There are only a few services with well-known names, and they start up before things like the scheduler are running. Most things go through the nameserver service which supports things like attestation, finite-client limits, and signature checking.

> Just use standard ELF.

Sure, there's a loader available that lets you run standard ELF files: https://github.com/betrusted-io/xous-core/tree/main/apps/app...

The bootloader uses the MiniELF format because we can make assertations about things like the order of sections and about merging multiple segments, while also stripping non-loadable sections. It would be possible to just bundle all the ELF images for all programs together, but if you're generating the loader image you might as well shrink the image a bit.

> What?? No! sbrk() is a terrible interface.

Then you can call `MapMemory(NULL, NULL, [size], RWX)`: https://docs.rs/xous/latest/xous/syscall/fn.map_memory.html

Yocto?
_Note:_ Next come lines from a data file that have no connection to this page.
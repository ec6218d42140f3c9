-- ===== src/Ledger/Entry.antt =====
-- Money and auctions that enter the system: a deposit (server/wallet.c) adds its amount to one
-- balance, and a new auction (server/auction_engine.c) claims nothing.
use online_auction_system.Base.{
  ℕ, suc, ◌+◌, ◌^◌, ◌<◌, ◌≤◌, ◌≡◌, refl, none, some, true, false, arith, ◌∙◌, ap, sym, Option-cases,
  Bool-cases, inl, inr, ◌||◌, ltb, ◌⊎◌, length, All-append, [], ◌∷◌,
}
use online_auction_system.Base.Money.{ℤ, pos, ◌+ℤ◌, ◌≤ℤ◌, leb_ℤ, money_laws, +ℤ-zero}
use online_auction_system.Models.{Amount, User, Auction, zero_auction}
use online_auction_system.Store.{records, slot_of, replaced}
use online_auction_system.Store.Laws.{write_at-next_id, append-IsKeyed}
use online_auction_system.World.{World}
use online_auction_system.World.FileIo.{read_user, write_auction, next_auction_id}
use online_auction_system.Wallet.{DepositPayload, handle_deposit, credit_wallet, apply_wallet_delta}
use online_auction_system.Store.Laws.{All-read_at}
use online_auction_system.Wallet.Sound.{IsSoundUser}
use online_auction_system.Wallet.Frame.{credit_wallet-SameElsewhere}
use online_auction_system.Wallet.Effect.{credit_wallet_lem, moved}
use online_auction_system.AuctionEngine.{CreateAuctionPayload, new_auction, handle_create_auction}
use online_auction_system.Ledger.{auction_key, claim_on, IsSaneAuction, BooksMatch, total_balance}
use online_auction_system.Ledger.Sums.{held-append}
use online_auction_system.Ledger.Shift.{Shift, only, credit_wallet-Shift}
use online_auction_system.Ledger.Update.{BooksMatch-files}

-- A change of balances that leaves the holds alone keeps the books.
pub BooksMatch-balances :
    {w w' : World} {t : Amount} {b : ℕ → Amount} (k : ℕ)
    → BooksMatch w
    → Shift w w' t b (only k (pos 0))
    → BooksMatch w'
BooksMatch-balances {w} k m v = record {
  users_ready = v.ready;
  auctions_ready = record {
    keyed = rw v.same_auctions m.auctions_ready.keyed;
    writable = rw v.same_auctions m.auctions_ready.writable;
  };
  sound = v.sound;
  sane = rw (v.size, v.same_auctions) m.sane;
  holds = λ i u' e.
      let (u, e0, _, h) = v.back i u' e in
      h ∙ ground (arith, m.holds i u e0, v.same_auctions, +ℤ-zero u.wallet_hold);
}

credit_wallet-absent :
    (k : ℕ) (a : Amount) (w : World)
    → read_user k w ≡ none
    → (credit_wallet k a w).0.users ≡ w.users
unfolding credit_wallet apply_wallet_delta
credit_wallet-absent k a w absent = rw (absent, credit_wallet, apply_wallet_delta) refl

-- An accepted deposit keeps the books, and adds its amount to the sum of all balances.
accepted_deposit :
    (k : ℕ) (a : Amount) {w : World}
    → BooksMatch w
    → pos 0 ≤ℤ a
    → (credit_wallet k a w).1 ≡ true
    → BooksMatch (credit_wallet k a w).0
      × (total_balance (records (credit_wallet k a w).0.users)
          ≡ total_balance (records w.users) +ℤ a)
      × (v : User) × (read_user k w ≡ some v)
      × ((credit_wallet k a w).0.users ≡ replaced w.users (slot_of k) (moved v a (pos 0)))
unfolding credit_wallet apply_wallet_delta
accepted_deposit k a {w} m p ok = elim (Option-cases (read_user k w)) [
  | inl absent ↦ absurd (ground arith)
  | inr (u, found) ↦
      let v = credit_wallet-Shift m.users_ready m.sound k found a p in
      let s = All-read_at IsSoundUser w.users (slot_of k) m.sound found in
      let e = credit_wallet_lem m.users_ready k found a s (omega money_laws) in
      (BooksMatch-balances k m v, v.total, u, found, ap (λ r. r.0.users) e)
]

refused_deposit :
    (k : ℕ) (a : Amount) {w : World}
    → BooksMatch w
    → pos 0 ≤ℤ a
    → (credit_wallet k a w).1 ≡ false
    → (credit_wallet k a w).0.users ≡ w.users
refused_deposit k a {w} m p failed = elim (Option-cases (read_user k w)) [
  | inl absent ↦ credit_wallet-absent k a w absent
  | inr (u, found) ↦
      let s = All-read_at IsSoundUser w.users (slot_of k) m.sound found in
      let e = credit_wallet_lem m.users_ready k found a s (omega money_laws) in
      absurd (ground (arith, e))
]

unclaimed : (a : Auction) (i : ℕ) → a.highest_bidder_id ≡ 0 → claim_on (suc i) a ≡ pos 0
unclaimed a i z = ground arith

-- The books with one more auction, which nobody has bid on.
BooksMatch-new :
    {w : World} (a : Auction)
    → BooksMatch w
    → length (records w.auctions) + 1 < 2 ^ 32
    → a.auction_id ≡ next_auction_id w
    → a.highest_bidder_id ≡ 0
    → IsSaneAuction (length (records w.users)) a
    → BooksMatch (write_auction a w).0
BooksMatch-new {w} a m small id z sane =
    let wrote =
      write_at-next_id auction_key zero_auction w.auctions a small id m.auctions_ready.writable in
    rw wrote (record {
      users_ready = record { keyed = m.users_ready.keyed; writable = m.users_ready.writable };
      auctions_ready = record {
        keyed =
            append-IsKeyed auction_key zero_auction w.auctions a m.auctions_ready.keyed small id;
        writable = m.auctions_ready.writable;
      };
      sound = m.sound;
      sane =
          All-append (IsSaneAuction (length (records w.users))) (records w.auctions) (a ∷ []) m.sane
            (sane, tt);
      holds = λ i u e.
          m.holds i u e
          ∙ sym (held-append (suc i) (records w.auctions) a ∙ rw (unclaimed a i z) (+ℤ-zero _));
    })

-- A request to create an auction keeps the books and leaves every wallet alone, if the seller is one
-- of the users and ids have not run out.
pub handle_create_auction-BooksMatch :
    (fd : ℤ) (req : CreateAuctionPayload) (seller : User) {w : World}
    → BooksMatch w
    → length (records w.auctions) + 1 < 2 ^ 32
    → 1 ≤ seller.user_id
    → seller.user_id ≤ length (records w.users)
    → let w' = handle_create_auction fd req seller w in BooksMatch w' × (w'.users ≡ w.users)
unfolding handle_create_auction
handle_create_auction-BooksMatch fd req seller {w} m small low high =
    elim (Bool-cases (leb_ℤ req.start_price (pos 0) || ltb req.duration_seconds 10)) [
      | inl bad ↦ rw (bad, handle_create_auction) (BooksMatch-files refl refl m, refl)
      | inr good ↦
          let a = new_auction req seller w in
          let m' = BooksMatch-new a m small refl refl (ground arith, omega arith, low, high) in
          elim (Bool-cases (write_auction a w).1) [
            | inl ok ↦ rw (good, ok, handle_create_auction) (BooksMatch-files refl refl m', refl)
            | inr failed ↦
                rw (good, failed, handle_create_auction) (BooksMatch-files refl refl m', refl)
          ]
    ]

-- What a request to deposit does to the money: it is refused and nothing changes, or its positive
-- amount is added to the balance of the user who asks, and to no other.
pub Deposited : DepositPayload → User → World → World → Type 0
Deposited req u w w' =
    (w'.users ≡ w.users)
    ⊎ ((pos 1 ≤ℤ req.amount)
        × (total_balance (records w'.users) ≡ total_balance (records w.users) +ℤ req.amount)
        × (v : User) × (read_user u.user_id w ≡ some v)
        × (w'.users ≡ replaced w.users (slot_of u.user_id) (moved v req.amount (pos 0))))

-- A request to deposit a number keeps the books; and users.dat stays as it is, or the amount asked for
-- is positive, the sum of all balances grows by it, and users.dat differs by it in the balance of the
-- user who asks.
pub handle_deposit-BooksMatch :
    (fd : ℤ) (req : DepositPayload) (u : User) {w : World}
    → BooksMatch w
    → let w' = (handle_deposit fd req u w).0 in BooksMatch w' × Deposited req u w w'
unfolding handle_deposit Deposited
handle_deposit-BooksMatch fd req u {w} m = elim (Bool-cases (leb_ℤ req.amount (pos 0))) [
  | inl bad ↦ rw (bad, handle_deposit) (BooksMatch-files refl refl m, inl refl)
  | inr good ↦ elim (Bool-cases (credit_wallet u.user_id req.amount w).1) [
    | inl ok ↦
        let (m', total, v, there, wrote) =
          accepted_deposit u.user_id req.amount m (ground arith) ok in
        rw (good, ok, handle_deposit)
          (elim (Option-cases (read_user u.user_id (credit_wallet u.user_id req.amount w).0)) [
            | inl gone ↦
                rw (gone, handle_deposit)
                  (BooksMatch-files refl refl m', inr (ground arith, total, v, there, wrote))
            | inr (v', e) ↦
                rw (e, handle_deposit)
                  (BooksMatch-files refl refl m', inr (ground arith, total, v, there, wrote))
          ])
    | inr failed ↦
        let k = refused_deposit u.user_id req.amount m (ground arith) failed in
        rw (good, failed, handle_deposit)
          (
            BooksMatch-files k
                (ap (λ v. v.auctions) (credit_wallet-SameElsewhere u.user_id req.amount w)) m,
            inl k,
          )
  ]
]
Nobody is expecting Yocto for deeply embedded systems likely to be built on this OS. It’s closer to FreeRTOS, Zephyr, Embassy, but with this additional hardware-level safety guarantees.
My Yocto point might be colored by my experience of having seen multiple teams stick with Yocto beyond (IMHO) the point of pain and reason due to familiarity and industry inertia.
> An OS has no business dictating implementation language.

As opposed to all those OSes that only publish headers in one language right that require everyone to go through heroic effort to interoperate with it?
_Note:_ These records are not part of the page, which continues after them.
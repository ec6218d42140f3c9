-- ===== src/Doubles/Books.antt =====
-- What the requests that bring a `double` do to the books.
use online_auction_system.Base.{
  ℕ, ◌+◌, ◌^◌, ◌<◌, ◌≤◌, ◌≡◌, ◌⊎◌, refl, true, false, Option, none, some, arith, ltb, ◌||◌, ◌&&◌,
  length, Bool-cases, Option-cases, inl, inr,
}
use online_auction_system.Base.Money.{ℤ, pos, ◌-ℤ◌}
use online_auction_system.Models.{Amount, User, Auction, ErrorCode}
use online_auction_system.Store.{records}
use online_auction_system.World.{World}
use online_auction_system.World.FileIo.{read_auction, read_user}
use online_auction_system.BidHandler.{is_open, refuse_bid}
use online_auction_system.Ledger.{BooksMatch}
use online_auction_system.Ledger.Update.{BooksMatch-files}
use online_auction_system.Ledger.Bid.{accept_bid-BooksMatch}
use online_auction_system.Ledger.Entry.{
  Deposited, handle_deposit-BooksMatch, handle_create_auction-BooksMatch,
}
use online_auction_system.Doubles.{
  Double, number, nan, plus_infinity, minus_infinity, is_number, at_most, PlaceBidMessage, above,
  written, peek_message, locked_message, place_bid_message, deposit_message, CreateAuctionMessage,
  sold_message, create_auction_message,
}

nothing : {A : Type 0} {x : A} → some x ≡ none → ⊥
nothing e = cc

-- What holds of an outcome: `P` of a new state, and `B` where the model ends.
abbrev pub Outcome : {A : Type 0} → (A → Type 0) → Type 0 → Option A → Type 0
Outcome P B none = B
Outcome P B (some x) = P x

module _ (P : Option World → Type 0) (fd : ℤ) (m : PlaceBidMessage) (bidder : User) (w : World)
    (refused : (code : ErrorCode) → P (some (refuse_bid fd code w))) where
  -- The guards that a bid under the semaphore has passed.
  locked_message-cases :
      ((a : Auction)
        → read_auction m.auction_id w ≡ some a
        → is_open a.status ≡ true
        → at_most m.amount a.current_bid ≡ false
        → P (written fd m bidder a w))
      → P (locked_message fd m bidder w)
  unfolding locked_message
  locked_message-cases accepted = elim (Option-cases (read_auction m.auction_id w)) [
    | inl absent ↦ rw (absent, locked_message) (refused _)
    | inr (a, found) ↦ elim (Bool-cases (is_open a.status)) [
      | inr shut ↦ rw (found, shut, locked_message) (refused _)
      | inl opened ↦ elim (Bool-cases (at_most m.amount a.current_bid)) [
        | inl low ↦ rw (found, opened, low, locked_message) (refused _)
        | inr high ↦ rw (found, opened, high, locked_message) (accepted a found opened high)
      ]
    ]
  ]

-- A bid that passes the checks before the semaphore is not above what the bidder has.
peek_message-none :
    (m : PlaceBidMessage) (bidder : User) (w : World)
    → peek_message m bidder w ≡ none
    → (u : User) × (read_user bidder.user_id w ≡ some u)
      × (above m.amount (u.wallet_balance -ℤ u.wallet_hold) ≡ false)
unfolding peek_message
peek_message-none m bidder w h = elim (Option-cases (read_auction m.auction_id w)) [
  | inl absent ↦ absurd (nothing (rw (peek_message, absent) at h))
  | inr (a, there) ↦ elim (Bool-cases (is_open a.status)) [
    | inr shut ↦ absurd (nothing (rw (peek_message, there, shut) at h))
    | inl opened ↦ elim (Option-cases (read_user bidder.user_id w)) [
      | inl stranger ↦ absurd (nothing (rw (peek_message, there, opened, stranger) at h))
      | inr (u, known) ↦ elim (Bool-cases (above m.amount (u.wallet_balance -ℤ u.wallet_hold))) [
        | inl poor ↦ absurd (nothing (rw (peek_message, there, opened, known, poor) at h))
        | inr enough ↦ (u, known, enough)
      ]
    ]
  ]
]

-- What is written down for a bid that has passed all guards.
written-BooksMatch :
    (fd : ℤ) (auction_id : ℕ) (d : Double) (bidder : User) {w : World} {a : Auction} {u : User}
    → bidder.user_id < 2 ^ 32
    → BooksMatch w
    → read_user bidder.user_id w ≡ some u
    → above d (u.wallet_balance -ℤ u.wallet_hold) ≡ false
    → read_auction auction_id w ≡ some a
    → is_open a.status ≡ true
    → at_most d a.current_bid ≡ false
    → Outcome BooksMatch
        (d ≡ nan)
        (written fd (record { auction_id = auction_id; amount = d }) bidder a w)
written-BooksMatch fd id (number x) bidder small books known enough found opened high =
    accept_bid-BooksMatch books fd (record { auction_id = id; amount = x }) bidder found opened
      known small (ground arith) (ground arith)
written-BooksMatch fd id nan bidder small books known enough found opened high = refl
written-BooksMatch fd id plus_infinity bidder small books known enough found opened high = absurd cc
written-BooksMatch fd id minus_infinity bidder small books known enough found opened high =
    absurd cc

-- Whatever amount is sent, NaN and the infinities included, a request to bid of a bidder whose id is
-- below 2^32 keeps the books where they match; only NaN can be taken without being a number.
pub place_bid_message-BooksMatch :
    (fd : ℤ) (m : PlaceBidMessage) (bidder : User) (w : World)
    → bidder.user_id < 2 ^ 32
    → BooksMatch w
    → Outcome BooksMatch (m.amount ≡ nan) (place_bid_message fd m bidder w)
unfolding place_bid_message
place_bid_message-BooksMatch fd m bidder w small books =
    elim (Option-cases (peek_message m bidder w)) [
      | inr (code, e) ↦ rw (e, place_bid_message) (BooksMatch-files refl refl books)
      | inl clear ↦
          let (u, known, enough) = peek_message-none m bidder w clear in
          rw (clear, place_bid_message)
            (locked_message-cases (Outcome BooksMatch (m.amount ≡ nan)) fd m bidder w
              (λ code. BooksMatch-files refl refl books)
              λ a found opened high.
                written-BooksMatch fd m.auction_id m.amount bidder small books known enough found
                  opened high)
    ]

-- What an accepted deposit of a number does.
pub Paid : Double → User → World → World → Type 0
Paid d u w w' =
    (w'.users ≡ w.users)
    ⊎ ((x : Amount) × (d ≡ number x) × Deposited (record { amount = x }) u w w')

-- Whatever amount is sent, a request to deposit keeps the books where they match, and users.dat as it
-- is, or the amount is a positive number, the sum of all balances grows by it, and users.dat differs by
-- it in the balance of the user who asks; only NaN and plus infinity can be taken without being a
-- number.
pub deposit_message-BooksMatch :
    (fd : ℤ) (d : Double) (u : User) {w : World}
    → BooksMatch w
    → Outcome
        (λ r. BooksMatch r.0 × Paid d u w r.0)
        ((d ≡ nan) ⊎ (d ≡ plus_infinity))
        (deposit_message fd d u w)
unfolding deposit_message Paid
deposit_message-BooksMatch fd (number x) u books =
    let h = handle_deposit-BooksMatch fd (record { amount = x }) u books in
    (h.0, inr (x, refl, h.1))
deposit_message-BooksMatch fd nan u books = inl refl
deposit_message-BooksMatch fd plus_infinity u books = inr refl
deposit_message-BooksMatch fd minus_infinity u books = (BooksMatch-files refl refl books, inl refl)

module _ (fd : ℤ) (m : CreateAuctionMessage) (seller : User) {w : World} (books : BooksMatch w)
    (small : length (records w.auctions) + 1 < 2 ^ 32) (low : 1 ≤ seller.user_id)
    (high : seller.user_id ≤ length (records w.users)) where
  sold_message-BooksMatch :
      (start reserve : Double)
      → Outcome
          (λ w'. BooksMatch w' × (w'.users ≡ w.users))
          (is_number start && is_number reserve ≡ false)
          (sold_message fd m start reserve seller w)
  sold_message-BooksMatch (number x) (number y) =
      handle_create_auction-BooksMatch fd _ seller books small low high
  sold_message-BooksMatch (number x) nan = refl
  sold_message-BooksMatch (number x) plus_infinity = refl
  sold_message-BooksMatch (number x) minus_infinity = refl
  sold_message-BooksMatch nan _ = refl
  sold_message-BooksMatch plus_infinity _ = refl
  sold_message-BooksMatch minus_infinity _ = refl

-- Whatever prices are sent, a request to create an auction keeps the books where they match and leaves
-- every wallet alone, if the seller is one of the users and ids have not run out; only with a price
-- that is no number can an auction be taken that leaves the model.
pub create_auction_message-BooksMatch :
    (fd : ℤ) (m : CreateAuctionMessage) (seller : User) {w : World}
    → BooksMatch w
    → length (records w.auctions) + 1 < 2 ^ 32
    → 1 ≤ seller.user_id
    → seller.user_id ≤ length (records w.users)
    → Outcome
        (λ w'. BooksMatch w' × (w'.users ≡ w.users))
        (is_number m.start_price && is_number m.reserve_price ≡ false)
        (create_auction_message fd m seller w)
unfolding create_auction_message
create_auction_message-BooksMatch fd m seller books small low high =
    elim (Bool-cases (at_most m.start_price (pos 0) || ltb m.duration_seconds 10)) [
      | inl bad ↦ rw (bad, create_auction_message) (BooksMatch-files refl refl books, refl)
      | inr good ↦
          rw (good, create_auction_message)
            (sold_message-BooksMatch fd m seller books small low high m.start_price m.reserve_price)
    ]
> This mechanism seems ripe for squatting attacks. How do I know I'm talking to the service I want to contact instead of somebody squatting the name?

Nobody is going to stop you from typosquatting yourself, no

> As opposed to all those OSes that only publish headers in one language right that require everyone to go through heroic effort to interoperate with it?
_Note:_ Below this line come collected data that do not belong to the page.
-- ===== src/Doubles/Numbers.antt =====
-- A message to bid whose amount is a number does what the request of server/bid_handler.c does.
use online_auction_system.Base.{◌≡◌, refl, some, Option-cases, Bool-cases, inl, inr}
use online_auction_system.Base.Money.{ℤ, leb_ℤ}
use online_auction_system.Models.{User}
use online_auction_system.World.{World}
use online_auction_system.World.FileIo.{read_auction}
use online_auction_system.BidHandler.{
  is_open, PlaceBidPayload, place_bid_locked, place_bid_peek, handle_place_bid,
}
use online_auction_system.Doubles.{
  PlaceBidMessage, number, peek_message, locked_message, place_bid_message,
}

abbrev pub message_of : PlaceBidPayload → PlaceBidMessage
message_of req = record { auction_id = req.auction_id; amount = number req.amount }

pub locked_message-number :
    (fd : ℤ) (req : PlaceBidPayload) (bidder : User) (w : World)
    → locked_message fd (message_of req) bidder w ≡ some (place_bid_locked fd req bidder w)
unfolding locked_message place_bid_locked
locked_message-number fd req bidder w = elim (Option-cases (read_auction req.auction_id w)) [
  | inl absent ↦ rw (absent, locked_message, place_bid_locked) refl
  | inr (a, found) ↦ elim (Bool-cases (is_open a.status)) [
    | inr shut ↦ rw (found, shut, locked_message, place_bid_locked) refl
    | inl opened ↦ elim (Bool-cases (leb_ℤ req.amount a.current_bid)) [
      | inl low ↦ rw (found, opened, low, locked_message, place_bid_locked) refl
      | inr high ↦ rw (found, opened, high, locked_message, place_bid_locked) refl
    ]
  ]
]

peek_message-number :
    (req : PlaceBidPayload) (bidder : User) (w : World)
    → peek_message (message_of req) bidder w ≡ place_bid_peek req bidder w
unfolding peek_message place_bid_peek
peek_message-number req bidder w = refl

pub place_bid_message-number :
    (fd : ℤ) (req : PlaceBidPayload) (bidder : User) (w : World)
    → place_bid_message fd (message_of req) bidder w ≡ some (handle_place_bid fd req bidder w)
unfolding place_bid_message handle_place_bid
place_bid_message-number fd req bidder w =
    let same = peek_message-number req bidder w in
    elim (Option-cases (place_bid_peek req bidder w)) [
      | inl clear ↦
          rw (same, clear, place_bid_message, handle_place_bid)
            (locked_message-number fd req bidder w)
      | inr (code, e) ↦ rw (same, e, place_bid_message, handle_place_bid) refl
    ]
Everyone can speak C ABI. It's just a matter of making memory and registers spell out the right things.

Only Rust can speak to a Rust API that needs monomorphization before it can be used. I'd have the same objection to an OS project based on a C++ API, BTW. (Android gets this wrong for some of their HALs, sadly.)

> Nobody is going to stop you from typosquatting yourself, no

True, but if it's about the same amount of work either way, you might as well design the system such that it could conceivably run services at different trust levels.

And if you don't have different trust levels? Why not just stick everything in one address space, like Midori?

I can see a case for something simpler and more streamlined than your typical Unix system, but I imagine that thing being something more this Zephyr or FreeRTOS and not require an MMU. This project does require an MMU and virtual memory.

I appreciate the effort that's gone into Xous, but I'm not sure who it's for except Rust fans who really like greenfield projects. It's just as alien as seL4 but without the mathematical correctness assurances.

I think it'd be cool to make something like this a middleware layer atop seL4 that helps make building systems with it practical.